Numerical investigation of the temperature characteristics beneath the ceiling driven by a strong plume in a longitudinal ventilated tunnel

Previous studies have mainly focused on the situation that the tunnel's continuous flame region was lower than the ceiling height. For tunnels with longitudinal ventilation, the temperature characteristics of strong fire plumes are still unclear. In this paper, the maximum temperature rise beneath the ceiling for strong fire plume conditions in a small-scale tunnel is studied using fire dynamics simulator. Results show that when the effective height (the distance from the burner surface to the ceiling of the tunnel) is 0.65 m, the maximum temperature rise beneath the ceiling in this work shows a good correlation with Li's model and Kurioka's model.
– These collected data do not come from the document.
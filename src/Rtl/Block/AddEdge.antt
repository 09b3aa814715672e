-- ===== src/Rtl/Block/AddEdge.antt =====
-- rtl_block_add_edge() of src/rtl-block.c: the ways a call can end.
use libbinrec.Common.{
  ℕ, suc, ◌<◌, ◌≡◌, refl, sym, ◌∙◌, ap, subst, ◌==◌, if◌then◌else◌, Bool, true, false, inl, inr, [],
  ◌∷◌, ◌++◌, length, get_elem?, get_elem?_total, Option, some, none, pos, negsuc, arith,
}
use libbinrec.Rtl.Unit.{BasicBlock, RtlUnit}
use libbinrec.Rtl.Block.{
  update_block, overflow_entries, add_entry, add_exit, block_add_edge, ExitSlot, present, free_slot,
  too_many, find_exit, find_entry, fill_dummy, link_dummy,
}
use libbinrec.Rtl.Block.Graph.{entries_at, overflow_at, exits_at, out_count, Consistent}
use libbinrec.Rtl.Block.Slots.{
  length-update, field_at-get, FreeAt, AllUsed, find_exit_free, find_exit_present,
  find_exit_too_many, find_entry_free,
}
use libbinrec.Rtl.Block.Added.{edge, set_exit, Added, clear-Added, set_exit-SameEntries}
use libbinrec.Word.{signed}
use libbinrec.Rtl.Block.Grow.{signed_small, get_new_block-cases}
use libbinrec.Rtl.Block.Linked.{linked-Added}
use libbinrec.Rtl.Block.Overflow.{split-Added}

-- The ways the call can end. `own` tells extension blocks from real ones.
pub data Outcome (own : ℕ → ℕ) (memory : Bool) (u : RtlUnit) (from to : ℕ)
    : Option (Bool × RtlUnit) → Type 0 where
  -- The edge is there already.
  there : 0 < out_count u.blocks from to → Outcome own memory u from to (some (true, u))
  -- The edge, and no other, is added.
  added :
      (own' : ℕ → ℕ) (u' : RtlUnit)
      → Added own u.blocks own' u'.blocks (edge from to)
      → Outcome own memory u from to (some (true, u'))
  -- All exit slots lead elsewhere.
  full :
      AllUsed (exits_at u.blocks from)
      → out_count u.blocks from to ≡ 0
      → Outcome own memory u from to (some (false, u))
  -- There is no memory for a dummy block, and no edge is left behind.
  no_memory :
      (u' : RtlUnit)
      → memory ≡ false
      → Added own u.blocks own u'.blocks (λ k y. 0)
      → Outcome own memory u from to (some (false, u'))

module _ (own : ℕ → ℕ) (memory : Bool) (slot : BasicBlock) (u : RtlUnit) (from to : ℕ)
    (c : Consistent own u.blocks) (few : length u.blocks < 32768) (real : own to ≡ 0)
    (lt : from < length u.blocks) (lt' : to < length u.blocks) where
  module _ (m : ℕ) (free : FreeAt (exits_at u.blocks from) m) (target : BasicBlock)
      (got : get_elem? (update_block u.blocks from (set_exit m (pos to))) to ≡ some target) where
    abbrev half : RtlUnit
    half = record u { blocks = update_block u.blocks from (set_exit m (pos to)) }

    target_entries : target.entries ≡ entries_at u.blocks to
    target_entries =
        sym (field_at-get (λ b. b.entries) [] half.blocks to got)
        ∙ (set_exit-SameEntries u.blocks from m (pos to) to).0

    target_overflow : target.entry_overflow ≡ overflow_at u.blocks to
    target_overflow =
        sym (field_at-get (λ b. b.entry_overflow) (negsuc 0) half.blocks to got)
        ∙ (set_exit-SameEntries u.blocks from m (pos to) to).1

    half_len : length half.blocks ≡ length u.blocks
    half_len = length-update u.blocks from (set_exit m (pos to))

    owner : ℕ → ℕ
    owner k = if k == length u.blocks then suc to else own k

    split_graph :
        Added own u.blocks owner
          (update_block
            (update_block
              (half.blocks ++ slot ∷ [])
              (length half.blocks)
              (fill_dummy (pos from) target))
            to
            (link_dummy (signed 16 (length half.blocks))))
          (edge from to)
    unfolding owner
    split_graph =
        subst
          (λ n.
            Added own u.blocks (λ k. if k == length u.blocks then suc to else own k)
              (update_block
                (update_block (half.blocks ++ slot ∷ []) n (fill_dummy (pos from) target)) to
                (link_dummy (signed 16 n)))
              (edge from to))
          (sym half_len)
          (subst
            (λ i.
              Added own u.blocks (λ k. if k == length u.blocks then suc to else own k)
                (update_block
                  (update_block (half.blocks ++ slot ∷ []) (length u.blocks)
                    (fill_dummy (pos from) target))
                  to (link_dummy i))
                (edge from to))
            (sym (signed_small (length u.blocks) few))
            (split-Added own u.blocks slot target from to m c lt lt' real free target_entries
              target_overflow))

    split-Outcome :
        Outcome own memory u from to
          (some (overflow_entries memory slot half from (pos from) m to target))
    unfolding overflow_entries
    split-Outcome = elim (get_new_block-cases memory slot half (omega (arith, few, half_len))) [
      | inl short ↦
          rw (short.0, overflow_entries)
            (no_memory _ short.1 (clear-Added own u.blocks from to m c lt free))
      | inr grown ↦ rw (grown.1, overflow_entries) (added owner _ split_graph)
    ]

    entry-Outcome :
        (o : Option ℕ)
        → find_entry target.entries 0 ≡ o
        → Outcome own memory u from to
            (some (add_entry memory slot half from (pos from) m to target o))
    unfolding add_entry
    entry-Outcome none e = split-Outcome
    entry-Outcome (some i) e =
        let (m', q, free') = find_entry_free target.entries 0 i e in
        added own _ (
          linked-Added own u.blocks from to m i c lt lt' real free (
            subst (λ es. FreeAt es i) target_entries
              (subst (FreeAt target.entries) (omega arith) free')))

  exit-Outcome :
      (s : ExitSlot)
      → find_exit to (exits_at u.blocks from) 0 ≡ s
      → Outcome own memory u from to (add_exit memory slot u from to (pos from) (pos to) s)
  unfolding add_exit out_count
  exit-Outcome present e = there (find_exit_present to (exits_at u.blocks from) 0 e)
  exit-Outcome too_many e =
      let (used, none_there) = find_exit_too_many to (exits_at u.blocks from) 0 e in
      full used none_there
  exit-Outcome (free_slot j) e =
      let (m, q, free) = find_exit_free to (exits_at u.blocks from) 0 j e in
      let (target, got) =
        get_elem?_total (update_block u.blocks from (set_exit j (pos to))) to
          (omega (arith, length-update u.blocks from (set_exit j (pos to)))) in
      rw got (
        entry-Outcome j (subst (FreeAt (exits_at u.blocks from)) (omega arith) free) target got
          (find_entry target.entries 0) refl)

-- rtl_block_add_edge() on two real blocks of a consistent graph of fewer than 32768 blocks always returns, in one of the ways of
-- `Outcome`: the edge is there already, or is the one edge added to exits and entries alike, or the
-- exits are full, or memory is short; the last two return false and change no edge.
pub block_add_edge-Outcome :
    (own : ℕ → ℕ) (memory : Bool) (slot : BasicBlock) (u : RtlUnit) (from to : ℕ)
    → Consistent own u.blocks
    → own to ≡ 0
    → from < length u.blocks
    → to < length u.blocks
    → length u.blocks < 32768
    → Outcome own memory u from to (block_add_edge memory slot u from to)
unfolding block_add_edge
block_add_edge-Outcome own memory slot u from to c real lt lt' few =
    let (source, got) = get_elem?_total u.blocks from lt in
    let found : ExitSlot = find_exit to source.exits 0 in
    let o : Outcome own memory u from to
        (add_exit memory slot u from to (pos from) (pos to) found) =
      exit-Outcome own memory slot u from to c few real lt lt' found
        (ap (λ es. find_exit to es 0) (field_at-get (λ b. b.exits) [] u.blocks from got)) in
    rw got (
      subst
        (λ i. Outcome own memory u from to (add_exit memory slot u from to i (signed 16 to) found))
        (sym (signed_small from (omega (arith, lt, few))))
        (subst
          (λ i. Outcome own memory u from to (add_exit memory slot u from to (pos from) i found))
          (sym (signed_small to (omega (arith, lt', few)))) o))
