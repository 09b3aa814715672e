-- ===== src/Rtl/Block/Search.antt =====
-- The search of rtl_block_remove_edge() along a block's extensions.
use libbinrec.Common.{
  ℕ, zero, suc, ◌<◌, ◌≤◌, ◌≡◌, refl, sym, ◌∙◌, ap, List, [], length, get_elem?, get_elem?_total,
  Option, some, none, ℤ, pos, negsuc, arith,
}
use libbinrec.Rtl.Unit.{BasicBlock}
use libbinrec.Rtl.Block.{find_holder, index_of}
use libbinrec.Rtl.Block.Graph.{entries_at, overflow_at, count_slots, tail_count, in_count, Chain}
use libbinrec.Rtl.Block.Slots.{field_at-get, index_of-none}

-- Block k is on the chain from `i` on.
pub data Reaches (bs : List BasicBlock) (k : ℕ) : ℤ → Type 0 where
  here : Reaches bs k (pos k)
  next : {j : ℕ} → Reaches bs k (overflow_at bs j) → Reaches bs k (pos j)

module _ (own : ℕ → ℕ) (t : ℕ) (bs : List BasicBlock) (k : ℕ) where
  consume :
      (f : ℕ) (i : ℤ)
      → Reaches bs k i
      → Chain own t f bs i
      → (g : ℕ) × (g ≤ f) × Chain own t g bs (pos k)
  consume f _ here c = (f, omega arith, c)
  consume zero _ (next r) c = absurd c
  consume (suc f) _ (next {j} r) c =
      let (g, l, c') = consume f (overflow_at bs j) r c.2 in (g, omega arith, c')

  no_return_within :
      (bound f : ℕ) → f ≤ bound → Chain own t f bs (pos k) → Reaches bs k (overflow_at bs k) → ⊥
  no_return_within bound zero l c r = c
  no_return_within zero (suc f) l c r = absurd (omega arith)
  no_return_within (suc bound) (suc f) l c r =
      let (g, l', c') = consume f (overflow_at bs k) r c.2 in
      no_return_within bound g (omega arith) c' r

  -- A chain that ends does not come back to a block.
  pub no_return : (f : ℕ) → Chain own t f bs (pos k) → Reaches bs k (overflow_at bs k) → ⊥
  no_return f c r = no_return_within f f (omega arith) c r

  at_block : (g : ℕ) → Chain own t g bs (pos k) → own k ≡ suc t
  at_block zero c = absurd c
  at_block (suc g) c = c.0

  -- The blocks on a chain of t's extensions are extensions of t.
  pub Reaches-own : (f : ℕ) (i : ℤ) → Reaches bs k i → Chain own t f bs i → own k ≡ suc t
  Reaches-own f i r c = let (g, l, c') = consume f i r c in at_block g c'

-- What the search from `i` on finds.
abbrev pub Found : List BasicBlock → ℕ → ℤ → Option (ℕ × ℕ) → Type 0
Found bs from i o =
    (k : ℕ) × (slot : ℕ) × (o ≡ some (k, slot))
    × Reaches bs k i
    × (k < length bs)
    × (index_of from (entries_at bs k) 0 ≡ some slot)

module _ (bs : List BasicBlock) (from : ℕ) where
  -- One block of the search.
  find_holder-step :
      (f k : ℕ)
      → k < length bs
      → (count_slots from (entries_at bs k) ≡ 0
          → Found bs from (overflow_at bs k) (find_holder f bs from (overflow_at bs k)))
      → Found bs from (pos k) (find_holder (suc f) bs from (pos k))
  unfolding find_holder
  find_holder-step f k lt rest = go (index_of from (entries_at bs k) 0) refl
    where
      block : (b : BasicBlock) × (get_elem? bs k ≡ some b)
      block = get_elem?_total bs k lt

      entries : entries_at bs k ≡ block.0.entries
      entries = field_at-get (λ b. b.entries) [] bs k block.1

      overflow : overflow_at bs k ≡ block.0.entry_overflow
      overflow = field_at-get (λ b. b.entry_overflow) (negsuc 0) bs k block.1

      go :
          (o : Option ℕ)
          → index_of from (entries_at bs k) 0 ≡ o
          → Found bs from (pos k) (find_holder (suc f) bs from (pos k))
      go (some slot) e = (
        k,
        slot,
        rw (block.1, find_holder, ap (λ es. index_of from es 0) (sym entries) ∙ e) refl,
        here,
        lt,
        e,
      )
      go none e =
          let (k', slot, found, r, l, g) = rest (index_of-none from (entries_at bs k) 0 e) in
          (
            k',
            slot,
            rw (block.1, find_holder, ap (λ es. index_of from es 0) (sym entries) ∙ e, ← overflow)
                found,
            next r,
            l,
            g,
          )

  -- An entry that the extensions have is found.
  find_holder-Found :
      (own : ℕ → ℕ) (t f : ℕ) (i : ℤ)
      → Chain own t f bs i
      → 0 < tail_count f bs i from
      → Found bs from i (find_holder f bs from i)
  unfolding tail_count
  find_holder-Found own t zero i c some_entry = absurd (omega arith)
  find_holder-Found own t (suc f) (negsuc _) c some_entry = absurd (omega arith)
  find_holder-Found own t (suc f) (pos k) c some_entry =
      find_holder-step f k c.1
        (λ e. find_holder-Found own t f (overflow_at bs k) c.2 (omega (arith, e)))

  -- An entry of a block or of its extensions is found.
  pub find_holder-in_count :
      (own : ℕ → ℕ) (to : ℕ)
      → to < length bs
      → Chain own to (length bs) bs (overflow_at bs to)
      → 0 < in_count bs to from
      → Found bs from (pos to) (find_holder (suc (length bs)) bs from (pos to))
  unfolding in_count
  find_holder-in_count own to lt c some_entry =
      find_holder-step (length bs) to lt
        (λ e. find_holder-Found own to (length bs) (overflow_at bs to) c (omega (arith, e)))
However, as the effective height decreases to 0.55 and 0.50 m, the maximum temperature rise would be significantly lower than the previous model. Therefore, a dimensionless coefficient is introduced to modify the maximum temperature rise model for a strong fire plume, which involves the effective height coefficient, heat release rate, and longitudinal ventilation. A calculation model for the maximum temperature rise beneath the tunnel ceiling in the condition of strong fire plumes is established. The temperature attenuation data along the tunnel are given by statistics. The relationship between the dimensionless temperature rise and the dimensionless position parameter is established, and a unified model under various heat release rates is obtained.